-- ===== src/Va/Bracket.antt =====
-- How `encode_surface` keeps the rules of VA-API.
use display_bridge.Prelude.{
  ℕ, ◌≡◌, refl, sym, subst, Bool, true, false, some, List, [], ◌∷◌, if◌then◌else◌,
}
use display_bridge.Calls.{check, Calls, done, ◌>>=◌}
use display_bridge.Calls.Observer.{safe, safe-bind}
use display_bridge.Encoder.{Encoder}
use display_bridge.Packed.{packed_sequence_headers, packed_slice_header}
use display_bridge.Gop.{is_idr}
use display_bridge.Va.{
  Handle, drm_fd, va_display, config_id, recon_surfaces, context_id, coded_buf, conv_buf, input,
  seq_buf, rc_buf, hrd_buf, fr_buf, pic_buf, slice_buf, Contents, VaCall, HeaderType, begin_picture,
}
use display_bridge.Va.Rules.{VaState, watch, same_state, same_state→≡, one_of}
use display_bridge.Va.Submit.{
  submit_assembled, submit_packed_header, submit_packed_sequence_headers,
  submit_packed_slice_header, submit_misc, submit_rate_control, submit_hrd_param,
  submit_framerate_param,
}
use display_bridge.Va.Surface.{
  submit_param, or_fail_end, ◌then_also◌, submit_sequence, finish_picture, encode_surface,
}

-- What `db_encoder_init` leaves live; the conversion buffer is there or not.
abbrev pub device : Bool → List Handle
device conv =
    let fixed = coded_buf ∷ context_id ∷ recon_surfaces ∷ config_id ∷ va_display ∷ drm_fd ∷ [] in
    if conv then conv_buf ∷ fixed else fixed

abbrev pub state : List Handle → List Handle → Bool → VaState
state live mapped in_picture = record { live = live; mapped = mapped; in_picture = in_picture }

-- A picture of the input surface is under way.
abbrev pub under_way : Bool → VaState
under_way conv = state (input ∷ device conv) [] true

abbrev stays : Bool → Bool → VaState → Bool
stays conv a t = same_state t (under_way conv)

submit_misc_rc :
    (conv : Bool) (c : Contents)
    → safe watch (some (under_way conv)) (submit_misc rc_buf c) (stays conv) ≡ true
unfolding submit_misc check
submit_misc_rc true c = refl
submit_misc_rc false c = refl

submit_misc_hrd :
    (conv : Bool) (c : Contents)
    → safe watch (some (under_way conv)) (submit_misc hrd_buf c) (stays conv) ≡ true
unfolding submit_misc check
submit_misc_hrd true c = refl
submit_misc_hrd false c = refl

submit_misc_fr :
    (conv : Bool) (c : Contents)
    → safe watch (some (under_way conv)) (submit_misc fr_buf c) (stays conv) ≡ true
unfolding submit_misc check
submit_misc_fr true c = refl
submit_misc_fr false c = refl

submit_packed_header-stays :
    (conv : Bool) (t : HeaderType) (bytes : List ℕ)
    → safe watch (some (under_way conv)) (submit_packed_header t bytes) (stays conv) ≡ true
unfolding submit_packed_header check
submit_packed_header-stays true t bytes = refl
submit_packed_header-stays false t bytes = refl

-- What goes on from where it was.
then_also-safe :
    (conv : Bool) (p next : Calls VaCall Bool) (r : Bool → VaState → Bool)
    → safe watch (some (under_way conv)) p (stays conv) ≡ true
    → safe watch (some (under_way conv)) next r ≡ true
    → safe watch (some (under_way conv)) (p then_also next) r ≡ true
unfolding ◌then_also◌
then_also-safe conv p next r h k =
    safe-bind watch (some (under_way conv)) p _ (stays conv) r
      (λ a t e. subst (λ u. safe watch (some u) next r ≡ true) (sym (same_state→≡ _ _ e)) k) h

-- The states that `encode_surface` can end in: on success the coded buffer is mapped; on a failure
-- the parameter buffer that was not rendered may be left.
abbrev pub endings : Bool → Bool → List VaState
endings conv true = state (input ∷ device conv) (coded_buf ∷ []) false ∷ []
endings conv false =
    state (input ∷ device conv) [] false
    ∷ state (seq_buf ∷ input ∷ device conv) [] false
    ∷ state (pic_buf ∷ input ∷ device conv) [] false
    ∷ state (slice_buf ∷ input ∷ device conv) [] false
    ∷ []

abbrev pub ends_well : Bool → Bool → VaState → Bool
ends_well conv ok t = one_of (endings conv ok) t

submit_param-safe :
    (conv : Bool) (c : Contents) (next : Calls VaCall Bool)
    → safe watch (some (under_way conv)) next (ends_well conv) ≡ true
    → safe watch
        (some (under_way conv))
        (or_fail_end (submit_param pic_buf c) next)
        (ends_well conv)
      ≡ true
unfolding submit_param or_fail_end check ◌>>=◌
submit_param-safe true c next k = rw k refl
submit_param-safe false c next k = rw k refl

slice_param-safe :
    (conv : Bool) (c : Contents)
    → safe watch
        (some (under_way conv))
        (or_fail_end (submit_param slice_buf c) finish_picture)
        (ends_well conv)
      ≡ true
unfolding submit_param or_fail_end check ◌>>=◌ finish_picture
slice_param-safe true c = refl
slice_param-safe false c = refl

submit_sequence-safe :
    (conv b : Bool) (enc : Encoder) (bytes : List ℕ) (next : Calls VaCall Bool)
    → packed_sequence_headers enc ≡ some bytes
    → safe watch (some (under_way conv)) next (ends_well conv) ≡ true
    → safe watch (some (under_way conv)) (or_fail_end (submit_sequence enc b) next) (ends_well conv)
      ≡ true
unfolding submit_sequence submit_param or_fail_end check ◌>>=◌ submit_packed_sequence_headers
    submit_assembled submit_packed_header ◌then_also◌
submit_sequence-safe true true enc bytes next e k = rw (e, k) refl
submit_sequence-safe true false enc bytes next e k = k
submit_sequence-safe false true enc bytes next e k = rw (e, k) refl
submit_sequence-safe false false enc bytes next e k = k

submit_packed_slice_header-stays :
    (conv b : Bool) (enc : Encoder) (bytes : List ℕ)
    → packed_slice_header enc b ≡ some bytes
    → safe watch (some (under_way conv)) (submit_packed_slice_header enc b) (stays conv) ≡ true
unfolding submit_packed_slice_header submit_assembled
submit_packed_slice_header-stays conv b enc bytes e = rw e (submit_packed_header-stays conv _ bytes)

begin_picture-safe :
    (conv : Bool) (next : Calls VaCall Bool)
    → safe watch (some (under_way conv)) next (ends_well conv) ≡ true
    → safe watch
        (some (state (input ∷ device conv) [] false))
        (check begin_picture (done false) next)
        (ends_well conv)
      ≡ true
unfolding check
begin_picture-safe true next k = rw k refl
begin_picture-safe false next k = rw k refl

pub encode_surface-safe :
    (conv : Bool) (enc : Encoder) (sequence_bytes slice_bytes : List ℕ)
    → packed_sequence_headers enc ≡ some sequence_bytes
    → packed_slice_header enc (is_idr enc) ≡ some slice_bytes
    → safe watch (some (state (input ∷ device conv) [] false)) (encode_surface enc) (ends_well conv)
      ≡ true
unfolding encode_surface submit_rate_control submit_hrd_param submit_framerate_param
encode_surface-safe conv enc sequence_bytes slice_bytes e f = begin_picture-safe conv _ (
    submit_sequence-safe conv (is_idr enc) enc sequence_bytes _ e (
      then_also-safe conv _ _ _ (submit_misc_rc conv _) (
        then_also-safe conv _ _ _ (submit_misc_hrd conv _) (
          then_also-safe conv _ _ _ (submit_misc_fr conv _) (
            submit_param-safe conv _ _ (
              then_also-safe conv _ _ _
                (submit_packed_slice_header-stays conv (is_idr enc) enc slice_bytes f)
                (slice_param-safe conv _)))))))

# WORK TO COMPLETE
"VaCall" is the word to look for; copy every line of the data that has it.

# ANSWER BELOW
  seq_buf, rc_buf, hrd_buf, fr_buf, pic_buf, slice_buf, Contents, VaCall, HeaderType, begin_picture,
    (conv : Bool) (p next : Calls VaCall Bool) (r : Bool → VaState → Bool)
    (conv : Bool) (c : Contents) (next : Calls VaCall Bool)
    (conv b : Bool) (enc : Encoder) (bytes : List ℕ) (next : Calls VaCall Bool)
    (conv : Bool) (next : Calls VaCall Bool)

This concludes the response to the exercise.